Would anyone be interested in buying a cubing related t-shirt? I'll put up pictures later.



EDIT: Here are the images. If you are interested, PM me and we'll discuss further. You can also AIM me at radicalbriguy or Yahoo! or MSN at khoale1234567"at"sbcglobal"dot"net. My Yahoo! and MSN ID is my email address. In the subject title, put "Cubing T-shirts: Speedsolving", otherwise I will not open.


----------



## Lt-UnReaL (Apr 13, 2008)

I'm interested


----------



## Hadley4000 (Apr 13, 2008)

Peeked my curiosity.


----------



## abbracadiabra (Apr 13, 2008)

I'd be interested, depending on what they look like. I'm looking forward to seeing your pictures.


----------



## Crzyazn (Apr 13, 2008)

depends on aesthetics...


----------



## pcharles93 (Apr 13, 2008)

Will there be other apparel options like hats or wristbands possibly? If not, I'll have to sport another cube patterned thong next competition.


----------



## Dene (Apr 13, 2008)

I would love one (or many) and am thinking about getting a credit card, but until I get one I can't buy any.


----------



## Lotsofsloths (Apr 13, 2008)

If there was a cubing related beanie
like that, I would definately buy it.


----------



## Hadley4000 (Apr 14, 2008)

How much? (Seems as though that wasn't long enough)


----------



## Brian Le (Apr 14, 2008)

Hadley4000 said:


> How much? (Seems as though that wasn't long enough)

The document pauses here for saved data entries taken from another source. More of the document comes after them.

-- ===== src/Prot.antt =====
-- lib/sdoprot.c and lib/include/sdoprot.h: the state of a protocol run, `sdo_prot_t`, and the
-- operations on it. A pointer is the object that it points to, or its address where the handlers only
-- test it and pass it on, and `none` is null. The fields that no handler uses are left out.
pub mod Machine
pub mod Rounds
pub mod Errors
pub mod Termination
pub mod Di
pub mod Action
pub mod Nonces
pub mod Steps
pub mod Moves
pub mod To1
pub mod To2
pub mod Tables
pub use client_sdk.Base.{codes}
use client_sdk.Base.{
  ℕ, ◌+◌, ◌%◌, Bool, true, false, ◌&&◌, not, Option, none, some, ◌∷◌, [], Bytes, ltb, if◌then◌else◌,
}
use client_sdk.Decimal.{u32_mod}
use client_sdk.Env.{Env}
use client_sdk.Writer.{
  Sdow, sdow_next_block, sdow_begin_object, sdow_end_object, sdo_write_tag, sdo_write_uint,
  sdo_write_string,
}
use client_sdk.Rest.{IpAddress}
use client_sdk.Types.{Bits}
use client_sdk.Types.ServiceInfo.{ServiceInfo}
use client_sdk.Types.Keys.{PublicKey}
use client_sdk.Types.Rendezvous.{Hash, RendezvousList}
use client_sdk.Reader.{Sdor, sdor_have_block, sdor_next_block}

abbrev pub Address : Type 0
Address = ℕ

-- `sdo_cred_owner_t`, `sdo_cred_mfg_t` and `sdo_dev_cred_t`, as far as the handlers
-- use them.
pub record OwnerBlk : Type 0 where
  pub pv : ℕ
  pub pe : ℕ
  pub guid : Option Bits
  pub rvlst : Option RendezvousList
  pub pkh : Option Hash
  pub pk : Option PublicKey

pub record MfgBlk : Type 0 where
  pub d : Option Address

pub record DevCred : Type 0 where
  pub st : ℕ
  pub mfg_blk : Option MfgBlk
  pub owner_blk : Option OwnerBlk

-- `sdo_ov_entry_t`: what the next entry of a voucher has to match.
pub record OvEntry : Type 0 where
  pub hp_hash : Hash
  pub hc_hash : Hash
  pub pk : Option PublicKey

-- `sdo_ownership_voucher_t`.
pub record Voucher : Type 0 where
  pub prot_version : ℕ
  pub key_encoding : ℕ
  pub rvlst2 : Option RendezvousList
  pub g2 : Option Bits
  pub dev_info : Option Address
  pub mfg_pub_key : Option PublicKey
  pub ovoucher_hdr_hash : Option Hash
  pub num_ov_entries : ℕ  -- uint16_t
  pub ov_entries : Option OvEntry
  pub hdc : Option Hash

-- `sdo_owner_supplied_credentials_t`, without the list of service information, which stays empty.
pub record OwnerSupplied : Type 0 where
  pub rvlst : Option RendezvousList
  pub guid : Option Bits

pub record Prot : Type 0 where
  pub state : ℕ
  pub success : Bool
  pub sdor : Sdor
  pub sdow : Sdow
  pub g2 : Option Bits
  pub i1 : IpAddress
  pub port1 : ℕ  -- uint32_t
  pub dns1 : Option Bytes
  pub key_encoding : ℕ
  pub new_pk : Option PublicKey
  pub dev_cred : Option DevCred
  pub owner_public_key : Option PublicKey
  pub iv : Option Address
  pub service_info : Option ServiceInfo
  pub ov_entry_num : ℕ  -- uint16_t
  pub ovoucher : Option Voucher
  pub new_ov_hdr_hmac : Option Hash
  pub serv_req_info_num : ℕ  -- uint16_t
  pub owner_supplied_service_info_count : ℕ
  pub owner_supplied_service_info_num : ℕ
  pub owner_supplied_service_info_rcv : ℕ
  pub osc : Option OwnerSupplied
  pub n4 : Option Bits
  pub n5 : Option Bits
  pub n7 : Option Bits
  pub n5r : Option Bits
  pub n6 : Option Bits
  pub n7r : Option Bits
  pub plain_text : Option Bits  -- of `sdo_redirect`
  pub obsig : Option Bits  -- of `sdo_redirect`
  pub round_trip_count : ℕ  -- uint32_t
  pub sv_info_mod_list_head : Option Address
  pub dsi_info : Option Address
  pub total_dsi_rounds : ℕ
  pub reuse_enabled : Bool

abbrev pub sdo_state_error : ℕ
sdo_state_error = 61

abbrev pub sdo_state_done : ℕ
sdo_state_done = 62

abbrev pub sdo_di_app_start : ℕ
sdo_di_app_start = 10

abbrev pub sdo_to1_type_hello_sdo : ℕ
sdo_to1_type_hello_sdo = 30

abbrev pub sdo_to2_hello_device : ℕ
sdo_to2_hello_device = 40

abbrev pub sdo_state_to2_rcv_done_2 : ℕ
sdo_state_to2_rcv_done_2 = 51

abbrev pub sdo_type_error : ℕ
sdo_type_error = 255

abbrev pub message_body_error : ℕ
message_body_error = 100

abbrev pub internal_server_error : ℕ
internal_server_error = 500

abbrev pub max_to2_round_trips : ℕ
max_to2_round_trips = 1000000

-- Every field that is freed is also set to null, so freeing again does nothing.
unfoldable pub ps_free : Prot → Prot
ps_free ps = record ps {
  plain_text = none;
  obsig = none;
  n5 = none;
  n5r = none;
  new_ov_hdr_hmac = none;
  n6 = none;
  n7r = none;
  dsi_info = none;
}

unfoldable pub sdo_prot_di_init : Prot → Option DevCred → Prot
sdo_prot_di_init ps dev_cred = record ps {
  state = sdo_di_app_start;
  dev_cred = dev_cred;
  success = false;
}

-- The owner block, where both pointers on the way are set.
abbrev pub owner_blk_of : Option DevCred → Option OwnerBlk
owner_blk_of none = none
owner_blk_of (some cred) = cred.owner_blk

start_to1 : Prot → Option DevCred → Option OwnerBlk → Option Prot
start_to1 ps dev_cred none = none
start_to1 ps dev_cred (some owner) = some (record ps {
  state = sdo_to1_type_hello_sdo;
  g2 = owner.guid;
  dev_cred = dev_cred;
  success = false;
})

-- `none` is -1: the run is left as it was.
unfoldable pub sdo_prot_to1_init : Prot → Option DevCred → Option Prot
unfolding start_to1
sdo_prot_to1_init ps dev_cred = start_to1 ps dev_cred (owner_blk_of dev_cred)

-- The module list's start: false where a module's callback failed.
unfoldable pub start_modules : Option Address → Bool → Prot → Prot × Bool
start_modules none starts ps = (ps, false)
start_modules (some dsi) starts ps = (record ps { dsi_info = some dsi }, starts)

unfoldable pub with_modules : Option Address → Option Address → Bool → Prot → Prot × Bool
unfolding start_modules
with_modules none dsi_alloc starts ps = (ps, true)
with_modules (some list) dsi_alloc starts ps =
    start_modules dsi_alloc starts
      (record ps { sv_info_mod_list_head = some list; dsi_info = dsi_alloc })

unfoldable pub with_iv : Option Address → Option Address → Bool → Prot → Prot × Bool
unfolding with_modules
with_iv module_list dsi_alloc starts ps = elim ps.iv [
  | none ↦ (ps, false)
  | some iv ↦ with_modules module_list dsi_alloc starts ps
]

-- The key encoding is the build's, `iv_alloc` and `dsi_alloc` are what the two allocations return,
-- and `starts` what the modules' start returns. Where the start fails the two objects are freed,
-- and the pointers stay as they are.
unfoldable pub sdo_prot_to2_init :
    ℕ
    → Option Address
    → Option Address
    → Bool
    → Prot
    → Option ServiceInfo
    → DevCred
    → OwnerBlk
    → Option Address
    → Prot × Bool
unfolding with_iv
sdo_prot_to2_init key_encoding iv_alloc dsi_alloc starts ps si dev_cred owner module_list =
    with_iv module_list dsi_alloc starts (record ps {
      state = sdo_to2_hello_device;
      key_encoding = key_encoding;
      success = false;
      service_info = si;
      dev_cred = some dev_cred;
      g2 = owner.guid;
      round_trip_count = 0;
      iv = iv_alloc;
    })

module _ (e : Env) where
  -- `{"ec":…,"emsg":…,"em":"…"}`
  unfoldable pub sdo_send_error_message : Sdow → ℕ → ℕ → Bytes → Sdow
  sdo_send_error_message w ecode msgnum errmsg =
      let begun = sdow_begin_object e (sdow_next_block w sdo_type_error) in
      let code = sdo_write_uint e (sdo_write_tag e begun (codes "ec")) ecode in
      let num = sdo_write_uint e (sdo_write_tag e code (codes "emsg")) msgnum in
      sdow_end_object e (sdo_write_string e (sdo_write_tag e num (codes "em")) errmsg)

  -- Past the limit the run goes into its error state, with a message about it.
  unfoldable pub sdo_check_to2_round_trips : Prot → Prot × Bool
  unfolding sdo_send_error_message
  sdo_check_to2_round_trips ps =
      if ltb max_to2_round_trips ps.round_trip_count
      then (
        record ps {
          sdow =
              sdo_send_error_message ps.sdow internal_server_error ps.state
                (codes "Exceeded max number of rounds");
          state = sdo_state_error;
        },
        false,
      )
      else (record ps { round_trip_count = (ps.round_trip_count + 1) % u32_mod }, true)

block_or_error : Option ℕ → ℕ → Bool × ℕ
block_or_error none state = (false, sdo_state_error)
block_or_error (some mtype) state = (true, state)

-- Whether a message is there to read, and the state, which becomes the error state where a
-- receiver is set and has none.
unfoldable pub sdo_prot_rcv_msg : Sdor → ℕ → Bool × ℕ
unfolding block_or_error
sdo_prot_rcv_msg r state =
    if not r.receive_set && not (sdor_have_block r)
    then (false, state)
    else block_or_error (sdor_next_block r) state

It depends on how many you are buying. Individual shirts would cost six dollars, and in bulk (five shirts), it would cost twenty-five dollars. 

So, buying five shirts would mean five dollars for each shirt. Buying only one shirt would be six dollars.


----------



## Dene (Apr 14, 2008)

Wow, that is a cheap t-shirt (or at least, compared to t-shirt prices here in New Zealand). I'd buy some!


----------



## Hadley4000 (Apr 14, 2008)

$6? Not bad. How much is shipping?


----------



## SkateTracker (Apr 14, 2008)

I'd buy one, would it be possible to make some in black though? I'm not much for white t-shirts, haha.


----------



## Lucas Garron (Apr 14, 2008)

I'd prefer this. 

But if you bring a few to Berkeley for a reasonable price, people will buy it. It's a nice and simple design...

Seen this?


----------



## DAE_JA_VOO (Apr 14, 2008)

I really like the shirts in the first post. I'm definitely interested.


----------



## Brian Le (Apr 16, 2008)

Alright guys. According per to Lucas' suggestion, I'll be bringing the shirts to Berkeley Spring. If you will be there, please "pre-order" from me through PM or my contact information in my original post. 

I hate to say it, but people that are going to Berkeley will have a "first-priority", because the transaction(s) will be easier. If I have any left, I will sell the rest off through mail-order.


----------



## Swoncen (Sep 1, 2008)

Does anyone know if there are shops selling Cube T-Shirts? I live in Austria and it would be great to buy it somewhere around, but please also post shops if they are in America or somewhere else.. thank you!


----------



## Odin (Sep 1, 2008)

thats a cool T-shirt do you have theem in blue? also you never said what the shiping is


----------



## DcF1337 (Sep 1, 2008)

I have no trouble paying for the T-shirts alone, but where do you live, and how much is the shipping? I live in Singapore.

If I really wanted to, I could easily make my own with iron-on paper.


----------